Football Trade Directory

Luton Town legend launches Prostate FC

Hatters hero Mick Harford is leading a team to take on his most formidable opponent of all, prostate cancer.

The former England striker and Luton Town hero on and off the pitch, Mick was diagnosed with prostate cancer in January 2020, a disease that kills 1 man every 45 minutes.

That’s why Mick is uniting football fans to join Prostate FC, and raise awareness of the risk factors, fund research and save lives in every club across the UK.

He’s shared his story in a new film featuring Luton Town fan and Head Matchday Hospitality Host, Les Turton, also diagnosed with prostate cancer – to get more fans involved in a great new initiative to help beat prostate cancer.

The duo also appeared on Sky Sports’ Soccer Saturday, hosted by long-term Prostate Cancer UK ambassador Jeff Stelling, on February 25th to help the charity kick-off the new campaign.

From managers wearing the iconic ‘Man of Men’ badge on touchlines, broadcasting legends marching across the UK, Prostate FC is a like-minded community for football content, events, and fundraising and volunteering opportunities via a charity who have been saving lives in their work in the beautiful game for more than a decade.

Harford has been joined in a star-studded squad by legendary Sky Sports Soccer Saturday presenter, Jeff Stelling former England stars Les Ferdinand and Chris Powell, social media trailblazer Robbie Lyle, plus the family of Ray Clemence, who passed away from prostate cancer in 2020.

Currently Chief Recruitment Officer at Luton Town, the 64-year-old is a bona fide club legend and has taken a positive approach to overcoming one of his most difficult tests yet.

He said: “You go through a lot in your life – operations, stress, whatever you want to call it. I’ve had operations year after year, month after month. But when someone tells you you’ve got cancer, it’s a real body blow and it’s a tough one to take. But we fight on.

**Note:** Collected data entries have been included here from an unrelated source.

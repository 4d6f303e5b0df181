-- ===== src/Fs/Dir.antt =====
-- Directories of fs.c: `namecmp`, `dirlookup`, and the new entry of `dirlink`. A name is the list of its bytes before
-- the zero byte. A `struct dirent` is 16 bytes: the inode number, low byte first, and the name.
pub mod Kept
use chameleon_os.Base.{
  ℕ, zero, suc, ◌+◌, ◌-◌, ◌*◌, ◌/◌, ◌%◌, Bool, true, not, ◌||◌, Option, none, some, List, ◌∷◌, ◌++◌,
  ◌==◌, if◌then◌else◌, length, take, drop, replicate, get_or,
}
use chameleon_os.Base.Machine.{Run, ok, panic, ◌>>=◌}
use chameleon_os.Path.{dirsiz}
use chameleon_os.Fs.Disk.{Fs}
use chameleon_os.Fs.Map.{moved, denied, passed_on, t_dir, readi, writei}
use chameleon_os.Fs.Cache.{iget}

-- `strncmp` of two names, of which `n` bytes are left, returns 0. Past its end a name has zeros.
pub namecmp_from : ℕ → List ℕ → List ℕ → Bool
namecmp_from zero s t = true
namecmp_from (suc n) s t =
    let a = get_or s 0 0 in
    let rest = namecmp_from n (drop 1 s) (drop 1 t) in
    if (a == 0) || not (a == get_or t 0 0) then a == get_or t 0 0 else rest

abbrev pub namecmp : List ℕ → List ℕ → Bool
namecmp s t = namecmp_from dirsiz s t

abbrev pub dirent_size : ℕ
dirent_size = 16

-- `readi` of one entry, which must be whole.
pub read_dirent : Fs → ℕ → ℕ → Run (Fs × List ℕ)
read_dirent fs dp off = do
  (fs', r) ← readi fs dp off dirent_size
  elim r [
    | moved bytes ↦ if length bytes == dirent_size then ok (fs', bytes) else panic
    | denied ↦ panic
    | passed_on major ↦ panic
  ]

abbrev pub dirent_inum : List ℕ → ℕ
dirent_inum de = get_or de 0 0 + get_or de 1 0 * 256

-- The loop of `dirlookup` from byte `off` on, with `n` entries left.
pub dirlookup_from : Fs → ℕ → List ℕ → ℕ → ℕ → Run (Fs × Option (ℕ × ℕ))
dirlookup_from fs dp name off zero = ok (fs, none)
dirlookup_from fs dp name off (suc n) = do
  (fs1, de) ← read_dirent fs dp off
  let rest = dirlookup_from fs1 dp name (off + dirent_size) n
  if dirent_inum de == 0
      then rest
      else if namecmp name (drop 2 de)
      then (do (fs2, ip) ← iget fs1 (fs1.inode dp).dev (dirent_inum de); ok (fs2, some (ip, off)))
      else rest

-- The entries that the loops go through: `off < dp->size` in steps of an entry.
abbrev pub entries : ℕ → ℕ
entries size = (size + (dirent_size - 1)) / dirent_size

-- The inode and the offset of its entry.
pub dirlookup : Fs → ℕ → List ℕ → Run (Fs × Option (ℕ × ℕ))
dirlookup fs dp name =
    if (fs.inode dp).type == t_dir
    then dirlookup_from fs dp name 0 (entries (fs.inode dp).size)
    else panic

-- The loop of `dirlink` that looks for an empty entry.
pub free_entry : Fs → ℕ → ℕ → ℕ → Run (Fs × ℕ)
free_entry fs dp off zero = ok (fs, off)
free_entry fs dp off (suc n) = do
  (fs1, de) ← read_dirent fs dp off
  let rest = free_entry fs1 dp (off + dirent_size) n
  if dirent_inum de == 0 then ok (fs1, off) else rest

-- `strncpy(de.name, name, DIRSIZ)` and the inode number as a `ushort`.
abbrev pub dirent : List ℕ → ℕ → List ℕ
dirent name inum = inum % 256 ∷ inum / 256 % 256 ∷ take dirsiz (name ++ replicate dirsiz 0)

-- `dirlink` once the name is known to be new.
pub add_entry : Fs → ℕ → List ℕ → ℕ → Run Fs
add_entry fs dp name inum = do
  (fs1, off) ← free_entry fs dp 0 (entries (fs.inode dp).size)
  (fs2, r) ← writei fs1 dp (dirent name inum) off
  elim r [
    | moved n ↦ if n == dirent_size then ok fs2 else panic
    | denied ↦ panic
    | passed_on major ↦ panic
  ]
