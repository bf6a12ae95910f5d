-- ===== src/Examples.antt =====
-- Runs of the models at concrete inputs, and the theorems applied to them.
mod OfRing
mod OfTaggedPtr
mod OfSlab
mod OfMemoryManager
mod OfScheduler
mod OfOptimizer
mod OfTokenizer
mod OfEmitter
mod OfMath
mod OfProcessingUnit
mod OfCanvas
mod OfMonitor
mod OfPanel
mod OfFrame
mod OfDocument
mod OfInputIngest
mod OfProgram
mod OfArm64
mod OfHnswIndex
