-- ===== src/Examples/OfArm64.antt =====
-- src/kernel/arch/arm64/switch.S on stacks at 4096 and 8192.
use hyperion_euntime_environ.Base.{◌≡◌, refl, inr, some, arith}
use hyperion_euntime_environ.Scheduler.{Memory}
use hyperion_euntime_environ.Arm64.{Registers, switch_context, save_registers, stp}
use hyperion_euntime_environ.Arm64.Frames.{arm_switch_back}
use hyperion_euntime_environ.Arm64.Spawn.{fresh}

abbrev caller : Registers
caller = record (fresh 7 1) { sp = 4096 }

abbrev other : Registers
other = record (fresh 9 2) { sp = 8192 }

abbrev zeros : Memory
zeros a = 0

left_at : (switch_context caller zeros 8000).0 ≡ 4000
unfolding switch_context save_registers stp
left_at = refl

arm_switch_back_example :
    (switch_context other
      (switch_context caller zeros 8000).1
      (switch_context caller zeros 8000).0).2
    ≡ some (record caller { pc = caller.x30 })
arm_switch_back_example =
    arm_switch_back caller other zeros (switch_context caller zeros 8000).1 8000 (omega arith)
      (omega arith) (omega arith) (λ i h. refl)
      (omega arith, omega arith, inr (omega (arith, left_at)))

“The reason why we went public… I say we because it wasn’t just my decision, it was a decision by Luton Town Football Club – myself, Gary Sweet, the CEO, and [former manager] Nathan Jones – because I was going to have to take time off work and then people would ask questions.

“And not only that, I thought it would be a good idea to get the word out there, and if I could help as many people as I could. If I could only help one person, I think that would have been a real plus and a real positive.”

As Prostate FC launches, Luton and the charity continue a long-term connection having renamed their Kenilworth Road ground the Prostate Cancer UK Stadium for one game in March 2015 and welcomed Sky Sports presenter Jeff Stelling during one of his marathon Match for Men walking events.